*Task details:*
The listing below is to be output in its exact form.

*** Dataset records ***

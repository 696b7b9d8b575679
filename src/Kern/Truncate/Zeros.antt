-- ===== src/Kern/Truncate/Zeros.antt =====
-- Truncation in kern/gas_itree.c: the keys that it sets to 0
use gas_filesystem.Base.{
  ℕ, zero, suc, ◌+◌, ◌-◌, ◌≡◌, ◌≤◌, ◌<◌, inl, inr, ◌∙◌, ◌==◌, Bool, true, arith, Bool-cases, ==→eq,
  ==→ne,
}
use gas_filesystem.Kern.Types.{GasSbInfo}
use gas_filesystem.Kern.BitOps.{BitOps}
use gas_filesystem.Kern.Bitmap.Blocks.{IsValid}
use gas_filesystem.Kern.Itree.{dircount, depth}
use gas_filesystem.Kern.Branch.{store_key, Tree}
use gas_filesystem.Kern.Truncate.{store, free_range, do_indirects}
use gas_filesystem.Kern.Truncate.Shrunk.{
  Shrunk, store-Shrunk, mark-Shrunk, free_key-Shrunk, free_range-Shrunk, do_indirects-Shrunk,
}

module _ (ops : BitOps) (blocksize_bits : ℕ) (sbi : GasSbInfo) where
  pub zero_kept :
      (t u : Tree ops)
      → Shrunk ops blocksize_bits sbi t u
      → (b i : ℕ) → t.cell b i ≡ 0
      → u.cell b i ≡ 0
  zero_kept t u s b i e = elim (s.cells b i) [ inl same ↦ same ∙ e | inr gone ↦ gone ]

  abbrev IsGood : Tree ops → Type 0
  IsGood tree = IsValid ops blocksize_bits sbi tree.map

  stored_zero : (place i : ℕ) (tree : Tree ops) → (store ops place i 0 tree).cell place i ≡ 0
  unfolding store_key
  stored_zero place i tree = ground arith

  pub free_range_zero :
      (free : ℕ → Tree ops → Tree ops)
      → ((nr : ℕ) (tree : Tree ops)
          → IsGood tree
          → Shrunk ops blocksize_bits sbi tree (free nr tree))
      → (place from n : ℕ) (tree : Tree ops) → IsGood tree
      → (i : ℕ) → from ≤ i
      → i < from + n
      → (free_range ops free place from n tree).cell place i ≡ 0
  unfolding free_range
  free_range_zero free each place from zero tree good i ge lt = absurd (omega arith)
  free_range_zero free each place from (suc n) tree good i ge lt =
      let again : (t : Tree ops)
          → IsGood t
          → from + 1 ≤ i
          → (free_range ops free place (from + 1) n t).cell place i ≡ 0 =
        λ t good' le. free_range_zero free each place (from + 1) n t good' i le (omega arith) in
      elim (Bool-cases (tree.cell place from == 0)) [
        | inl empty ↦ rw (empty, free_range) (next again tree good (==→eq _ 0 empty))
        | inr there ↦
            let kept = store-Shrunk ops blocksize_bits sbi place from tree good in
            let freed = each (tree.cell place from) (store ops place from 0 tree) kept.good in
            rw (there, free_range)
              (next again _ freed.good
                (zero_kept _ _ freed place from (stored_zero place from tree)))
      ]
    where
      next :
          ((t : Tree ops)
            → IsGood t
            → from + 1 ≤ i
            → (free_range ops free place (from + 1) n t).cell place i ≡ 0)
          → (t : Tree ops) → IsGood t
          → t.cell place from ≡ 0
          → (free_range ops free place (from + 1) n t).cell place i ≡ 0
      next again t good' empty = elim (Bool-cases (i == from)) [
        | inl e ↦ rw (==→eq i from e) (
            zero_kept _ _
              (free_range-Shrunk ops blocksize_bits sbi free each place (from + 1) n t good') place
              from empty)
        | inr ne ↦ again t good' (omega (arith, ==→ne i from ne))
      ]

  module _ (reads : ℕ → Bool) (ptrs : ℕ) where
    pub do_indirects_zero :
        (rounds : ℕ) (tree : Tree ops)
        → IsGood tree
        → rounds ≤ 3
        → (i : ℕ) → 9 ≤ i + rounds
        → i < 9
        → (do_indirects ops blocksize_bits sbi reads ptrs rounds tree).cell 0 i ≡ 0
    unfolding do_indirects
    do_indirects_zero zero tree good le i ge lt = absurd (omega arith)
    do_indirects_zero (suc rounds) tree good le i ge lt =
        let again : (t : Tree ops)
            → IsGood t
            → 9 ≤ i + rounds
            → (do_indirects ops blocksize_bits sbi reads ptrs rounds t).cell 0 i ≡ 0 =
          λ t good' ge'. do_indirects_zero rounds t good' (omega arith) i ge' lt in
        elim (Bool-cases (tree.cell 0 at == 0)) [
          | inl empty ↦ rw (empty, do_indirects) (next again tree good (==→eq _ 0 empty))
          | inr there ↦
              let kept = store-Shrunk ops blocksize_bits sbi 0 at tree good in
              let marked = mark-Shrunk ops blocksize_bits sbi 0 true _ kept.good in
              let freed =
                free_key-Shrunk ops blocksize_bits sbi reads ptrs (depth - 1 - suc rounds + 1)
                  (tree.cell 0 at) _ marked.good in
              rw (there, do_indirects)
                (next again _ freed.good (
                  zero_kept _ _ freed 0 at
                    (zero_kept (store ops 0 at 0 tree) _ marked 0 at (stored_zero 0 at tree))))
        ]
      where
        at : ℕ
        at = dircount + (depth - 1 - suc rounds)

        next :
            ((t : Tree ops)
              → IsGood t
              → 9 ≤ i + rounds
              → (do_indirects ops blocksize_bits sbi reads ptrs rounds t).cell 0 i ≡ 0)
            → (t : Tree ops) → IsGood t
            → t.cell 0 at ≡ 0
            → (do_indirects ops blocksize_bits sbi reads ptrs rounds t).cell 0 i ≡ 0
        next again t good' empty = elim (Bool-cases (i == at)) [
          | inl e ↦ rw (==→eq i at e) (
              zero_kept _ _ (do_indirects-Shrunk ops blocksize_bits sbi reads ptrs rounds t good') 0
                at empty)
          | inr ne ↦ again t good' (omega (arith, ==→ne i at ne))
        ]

*** End of Dataset records ***

*Answer to the problem:*
repository 696b7b9d8b575679
filename src/Kern/Truncate/Zeros.antt
-- ===== src/Kern/Truncate/Zeros.antt =====
-- Truncation in kern/gas_itree.c: the keys that it sets to 0
use gas_filesystem.Base.{
  ℕ, zero, suc, ◌+◌, ◌-◌, ◌≡◌, ◌≤◌, ◌<◌, inl, inr, ◌∙◌, ◌==◌, Bool, true, arith, Bool-cases, ==→eq,
  ==→ne,
}
use gas_filesystem.Kern.Types.{GasSbInfo}
use gas_filesystem.Kern.BitOps.{BitOps}
use gas_filesystem.Kern.Bitmap.Blocks.{IsValid}
use gas_filesystem.Kern.Itree.{dircount, depth}
use gas_filesystem.Kern.Branch.{store_key, Tree}
use gas_filesystem.Kern.Truncate.{store, free_range, do_indirects}
use gas_filesystem.Kern.Truncate.Shrunk.{
  Shrunk, store-Shrunk, mark-Shrunk, free_key-Shrunk, free_range-Shrunk, do_indirects-Shrunk,
}

module _ (ops : BitOps) (blocksize_bits : ℕ) (sbi : GasSbInfo) where
  pub zero_kept :
      (t u : Tree ops)
      → Shrunk ops blocksize_bits sbi t u
      → (b i : ℕ) → t.cell b i ≡ 0
      → u.cell b i ≡ 0
  zero_kept t u s b i e = elim (s.cells b i) [ inl same ↦ same ∙ e | inr gone ↦ gone ]

  abbrev IsGood : Tree ops → Type 0
  IsGood tree = IsValid ops blocksize_bits sbi tree.map

  stored_zero : (place i : ℕ) (tree : Tree ops) → (store ops place i 0 tree).cell place i ≡ 0
  unfolding store_key
  stored_zero place i tree = ground arith

  pub free_range_zero :
      (free : ℕ → Tree ops → Tree ops)
      → ((nr : ℕ) (tree : Tree ops)
          → IsGood tree
          → Shrunk ops blocksize_bits sbi tree (free nr tree))
      → (place from n : ℕ) (tree : Tree ops) → IsGood tree
      → (i : ℕ) → from ≤ i
      → i < from + n
      → (free_range ops free place from n tree).cell place i ≡ 0
  unfolding free_range
  free_range_zero free each place from zero tree good i ge lt = absurd (omega arith)
  free_range_zero free each place from (suc n) tree good i ge lt =
      let again : (t : Tree ops)
          → IsGood t
          → from + 1 ≤ i
          → (free_range ops free place (from + 1) n t).cell place i ≡ 0 =
        λ t good' le. free_range_zero free each place (from + 1) n t good' i le (omega arith) in
      elim (Bool-cases (tree.cell place from == 0)) [
        | inl empty ↦ rw (empty, free_range) (next again tree good (==→eq _ 0 empty))
        | inr there ↦
            let kept = store-Shrunk ops blocksize_bits sbi place from tree good in
            let freed = each (tree.cell place from) (store ops place from 0 tree) kept.good in
            rw (there, free_range)
              (next again _ freed.good
                (zero_kept _ _ freed place from (stored_zero place from tree)))
      ]
    where
      next :
          ((t : Tree ops)
            → IsGood t
            → from + 1 ≤ i
            → (free_range ops free place (from + 1) n t).cell place i ≡ 0)
          → (t : Tree ops) → IsGood t
          → t.cell place from ≡ 0
          → (free_range ops free place (from + 1) n t).cell place i ≡ 0
      next again t good' empty = elim (Bool-cases (i == from)) [
        | inl e ↦ rw (==→eq i from e) (
            zero_kept _ _
              (free_range-Shrunk ops blocksize_bits sbi free each place (from + 1) n t good') place
              from empty)
        | inr ne ↦ again t good' (omega (arith, ==→ne i from ne))
      ]

  module _ (reads : ℕ → Bool) (ptrs : ℕ) where
    pub do_indirects_zero :
        (rounds : ℕ) (tree : Tree ops)
        → IsGood tree
        → rounds ≤ 3
        → (i : ℕ) → 9 ≤ i + rounds
        → i < 9
        → (do_indirects ops blocksize_bits sbi reads ptrs rounds tree).cell 0 i ≡ 0
    unfolding do_indirects
    do_indirects_zero zero tree good le i ge lt = absurd (omega arith)
    do_indirects_zero (suc rounds) tree good le i ge lt =
        let again : (t : Tree ops)
            → IsGood t
            → 9 ≤ i + rounds
            → (do_indirects ops blocksize_bits sbi reads ptrs rounds t).cell 0 i ≡ 0 =
          λ t good' ge'. do_indirects_zero rounds t good' (omega arith) i ge' lt in
        elim (Bool-cases (tree.cell 0 at == 0)) [
          | inl empty ↦ rw (empty, do_indirects) (next again tree good (==→eq _ 0 empty))
          | inr there ↦
              let kept = store-Shrunk ops blocksize_bits sbi 0 at tree good in
              let marked = mark-Shrunk ops blocksize_bits sbi 0 true _ kept.good in
              let freed =
                free_key-Shrunk ops blocksize_bits sbi reads ptrs (depth - 1 - suc rounds + 1)
                  (tree.cell 0 at) _ marked.good in
              rw (there, do_indirects)
                (next again _ freed.good (
                  zero_kept _ _ freed 0 at
                    (zero_kept (store ops 0 at 0 tree) _ marked 0 at (stored_zero 0 at tree))))
        ]
      where
        at : ℕ
        at = dircount + (depth - 1 - suc rounds)

        next :
            ((t : Tree ops)
              → IsGood t
              → 9 ≤ i + rounds
              → (do_indirects ops blocksize_bits sbi reads ptrs rounds t).cell 0 i ≡ 0)
            → (t : Tree ops) → IsGood t
            → t.cell 0 at ≡ 0
            → (do_indirects ops blocksize_bits sbi reads ptrs rounds t).cell 0 i ≡ 0
        next again t good' empty = elim (Bool-cases (i == at)) [
          | inl e ↦ rw (==→eq i at e) (
              zero_kept _ _ (do_indirects-Shrunk ops blocksize_bits sbi reads ptrs rounds t good') 0
                at empty)
          | inr ne ↦ again t good' (omega (arith, ==→ne i at ne))
        ]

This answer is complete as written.